Rep. Delia Ramirez, afirst-term Democrat from Illinois, is set to give a progressive response to the State of the Union address next week.
Her speech on Tuesday, given on behalf of the liberal Working Families Party, is expected to address President Joe Biden’s speech and rebut the Republican responses given by Arkansas Gov. Sarah Huckabee Sanders and Rep. Juan Ciscomani of Arizona.
“Social Security, Medicare, abortion rights and comprehensive immigration reform are not political talking points.
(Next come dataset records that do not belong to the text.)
-- ===== src/Tests/Planner.antt =====
-- A condition and a plan of src/optimizer/planner.cpp.
use Prim.Native.String.{String}
use text.Mathlib.Text.{◌==◌ as str_eq}
use text.Mathlib.TextEquality.{eq_iff}
use dbgenerality_rucbase.Base.{sym, ◌∙◌, inl, inr, ◌≡◌, refl, false, [], ◌∷◌}
use dbgenerality_rucbase.Query.Value.{fresh, op_lt, op_gt, Condition}
use dbgenerality_rucbase.Query.Plan.{Plan, scan_plan, join_plan, push_conds}
use dbgenerality_rucbase.Query.Plan.Pushed.{Distinct, Pushed, push_conds-Pushed}

-- The condition `u.b > t.a` in the join of t and u.
abbrev b_over_a : Condition
b_over_a = record {
  lhs_col = record { tab_name = "u"; col_name = "b" };
  op = op_gt;
  is_rhs_val = false;
  rhs_col = record { tab_name = "t"; col_name = "a" };
  rhs_val = fresh;
}

abbrev a_under_b : Condition
a_under_b = record {
  lhs_col = record { tab_name = "t"; col_name = "a" };
  op = op_lt;
  is_rhs_val = false;
  rhs_col = record { tab_name = "u"; col_name = "b" };
  rhs_val = fresh;
}

abbrev three_tables : Plan
three_tables = join_plan (scan_plan "s" []) (join_plan (scan_plan "t" []) (scan_plan "u" []) []) []

-- The condition goes to the inner join, with its sides swapped.
push_conds_run : push_conds b_over_a three_tables ≡ (
  3,
  join_plan
      (scan_plan "s" [])
      (join_plan (scan_plan "t" []) (scan_plan "u" []) (a_under_b ∷ []))
      [],
)
unfolding push_conds
push_conds_run = refl

ne_names : (a b : String) {name : String} → str_eq a b ≡ false → a ≡ name → b ≡ name → ⊥
ne_names a b e x y = let one = (eq_iff a b).1 (x ∙ sym y) in absurd (cc (e, one))

three_tables-Distinct : Distinct three_tables
three_tables-Distinct = (
  tt,
  (tt, tt, λ name x y. ne_names "t" "u" refl x y),
  λ name x y. elim y [ inl z ↦ ne_names "s" "t" refl x z | inr z ↦ ne_names "s" "u" refl x z ],
)

push_conds-Pushed_example :
    Pushed b_over_a three_tables
      (push_conds b_over_a three_tables).0
      (push_conds b_over_a three_tables).1
push_conds-Pushed_example = push_conds-Pushed b_over_a three_tables three_tables-Distinct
They’re essential to our nation’s well being,” she said in a statement. “We must also show working people how Democrats will deliver for them if they put us back in the majority. That’s our path to a working families majority in Congress.”
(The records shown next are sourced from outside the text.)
-- ===== src/Tests/Plans.antt =====
-- A checked statement and a plan of src/execution on small tables.
use dbgenerality_rucbase.Base.{
  ℕ, ◌≡◌, refl, inl, Bool, true, false, List, [], ◌∷◌, ◌++◌, if◌then◌else◌, ◌==◌, length, arith,
  pos,
}
use dbgenerality_rucbase.System.Catalogue.{get_table}
use dbgenerality_rucbase.Record.Bitmap.{is_set}
use dbgenerality_rucbase.Record.File.{get_record}
use dbgenerality_rucbase.Record.Scan.Places.{places}
use dbgenerality_rucbase.Query.Result.{ok}
use dbgenerality_rucbase.Query.Cursor.{Row, Restarts}
use dbgenerality_rucbase.Query.Value.{fresh, op_eq, Condition}
use dbgenerality_rucbase.Query.Eval.{eval_conds, eval_join_conds}
use dbgenerality_rucbase.Query.SeqScan.{tuple_len, seq_scan}
use dbgenerality_rucbase.Query.SeqScan.Selected.{selected}
use dbgenerality_rucbase.Query.Join.{join, join_cols}
use dbgenerality_rucbase.Query.Join.Product.{product}
use dbgenerality_rucbase.Query.Projection.{Chosen, choose, projection}
use dbgenerality_rucbase.Query.Projection.Columns.{columns, each}
use dbgenerality_rucbase.Query.Select.{Table, scan_of, select-answer}
use dbgenerality_rucbase.Query.Analyze.{check_clause}
use dbgenerality_rucbase.Query.Analyze.Checked.{All, ColFits}
use dbgenerality_rucbase.Query.Analyze.Evaluates.{OwnLiteral, check_clause-eval_conds}
use dbgenerality_rucbase.Query.Analyze.Scans.{seq_scan-check_clause}
use dbgenerality_rucbase.System.Meta.{ColMeta, type_string}
use dbgenerality_rucbase.System.Catalogue.{DbMeta}
use dbgenerality_rucbase.Query.Result.{throws, assertion_failed}
use dbgenerality_rucbase.Query.Analyze.{check_cond, check_column, col_of}
use dbgenerality_rucbase.Query.Analyze.Early.{check_cond-assertion_failed}
use dbgenerality_rucbase.Tests.Tables.{
  no_floats, col_a, col_b, tab, db, row_1, row_2, two_rows, a_of, over_1, over_1_checked,
}

fits-tab : All (ColFits "t" 8) tab.cols
fits-tab = (
  record {
    named = refl;
    at = 0;
    width = 4;
    offset_at = refl;
    len_width = refl;
    fits = omega arith;
  },
  (
    record {
      named = refl;
      at = 4;
      width = 4;
      offset_at = refl;
      len_width = refl;
      fits = omega arith;
    },
    tt,
  ),
)

own-over_1 : All (OwnLiteral "t") (over_1 ∷ [])
own-over_1 = (record { literal = refl; four = refl; own = inl refl }, tt)

check_clause-eval_conds_example :
    (b : Bool) × (eval_conds no_floats tab.cols (over_1_checked ∷ []) row_2 ≡ ok b)
unfolding check_clause get_table
check_clause-eval_conds_example =
    check_clause-eval_conds db tab 8 refl fits-tab no_floats (over_1 ∷ []) (over_1_checked ∷ [])
      row_2 own-over_1 refl refl

seq_scan-check_clause_example :
    (rows : List Row) × (selected
        (eval_conds no_floats tab.cols (over_1_checked ∷ []))
        two_rows
        (places two_rows 1 1 0)
      ≡ ok rows)
    × Restarts (seq_scan two_rows (eval_conds no_floats tab.cols (over_1_checked ∷ [])) 3) rows
unfolding check_clause get_table places is_set get_record
seq_scan-check_clause_example =
    seq_scan-check_clause db tab 8 no_floats (over_1 ∷ []) (over_1_checked ∷ []) two_rows 3 refl
      fits-tab own-over_1 refl sizes (omega arith) (omega arith)
  where
    by_slot : (b : Bool) → length (if b then row_1 else row_2) ≡ 8
    by_slot true = refl
    by_slot false = refl

    sizes : (p s : ℕ) → length (get_record p s two_rows) ≡ 8
    sizes p s = by_slot (s == 0)

-- `select t.b from t, u where t.a > 1`
abbrev t_table : Table
t_table = record { file = two_rows; cols = tab.cols; conds = over_1_checked ∷ [] }

abbrev u_table : Table
u_table = record { file = two_rows; cols = col_a "u" ∷ col_b "u" ∷ []; conds = [] }

-- `t.a = u.a`
abbrev equal_a : Condition
equal_a = record {
  lhs_col = a_of "t";
  op = op_eq;
  is_rhs_val = false;
  rhs_col = a_of "u";
  rhs_val = fresh;
}

abbrev u_b_chosen : List Chosen
u_b_chosen = record { prev_idx = 3; col = record (col_b "u") { offset = pos 0 } } ∷ []

select-answer_example :
    Restarts
      (projection
        (join
          (scan_of no_floats t_table 9)
          (scan_of no_floats u_table 9)
          (eval_join_conds no_floats 8 (join_cols 8 t_table.cols u_table.cols) (equal_a ∷ []))
          9)
        (join_cols 8 t_table.cols u_table.cols)
        u_b_chosen
        (0 ∷ 0 ∷ 0 ∷ 0 ∷ []))
      ((9 ∷ 0 ∷ 0 ∷ 0 ∷ []) ∷ [])
unfolding tuple_len join_cols places is_set selected eval_conds product eval_join_conds choose
    columns each
select-answer_example =
    select-answer no_floats t_table u_table 8 9 (equal_a ∷ [])
      (record { tab_name = "u"; col_name = "b" } ∷ []) u_b_chosen 4 (0 ∷ 0 ∷ 0 ∷ 0 ∷ [])
      (row_2 ∷ []) (row_1 ∷ row_2 ∷ []) ((row_2 ++ row_2) ∷ []) ((9 ∷ 0 ∷ 0 ∷ 0 ∷ []) ∷ []) refl
      (omega arith) (omega arith) (omega arith) (omega arith) refl refl (λ e. absurd (cc e))
      (omega arith) refl refl refl refl

-- A table with a text of 20 bytes, and `s > 1`.
abbrev col_s : ColMeta
col_s = record {
  tab_name = "v";
  name = "s";
  type = type_string;
  len = pos 20;
  offset = pos 0;
  index = false;
}

abbrev text_db : DbMeta
text_db = record {
  name = "d";
  tabs = ("v", record { name = "v"; cols = col_s ∷ []; indexes = [] }) ∷ [];
}

abbrev s_over_1 : Condition
s_over_1 = record over_1 { lhs_col = record { tab_name = ""; col_name = "s" } }

check_cond-assertion_failed_example :
    check_cond text_db (col_s ∷ []) s_over_1 ≡ throws assertion_failed
unfolding check_column col_of
check_cond-assertion_failed_example =
    check_cond-assertion_failed text_db (col_s ∷ []) s_over_1
      (record { tab_name = "v"; col_name = "s" }) col_s 20 refl refl refl refl refl refl refl
      (λ e. absurd (omega arith))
Ramirez said Sanders’ selection marked a doubling down of Republican “extremism,” pointing to her record as White House press secretary defending President Donald Trump and as a conservative governor.
“That gives Democrats an opportunity — if we can seize it,” Ramirez added.
The progressive minor party has offered responses to the presidential speech in recent years, with appearances by high-profile liberals generating more interest in the alternate address. Reps. Rashida Tlaib (D-Mich.) and Jamaal Bowman (D-N.Y.), both members of the progressive “squad,” gave the response to Biden’s speeches in 2022 and 2021, respectively.
Ramirez, who represents a heavily Latino district in the Chicago area, also plans to address concerns that Democrats need to do more to win over working-class Latino voters.
“Delia will be laying out a vision for how Democrats can win working-class voters of all races and nationalities, by fighting for a government that has working people’s backs,” said Rep. Greg Casar (D-Texas), aWorking Families Party colleague.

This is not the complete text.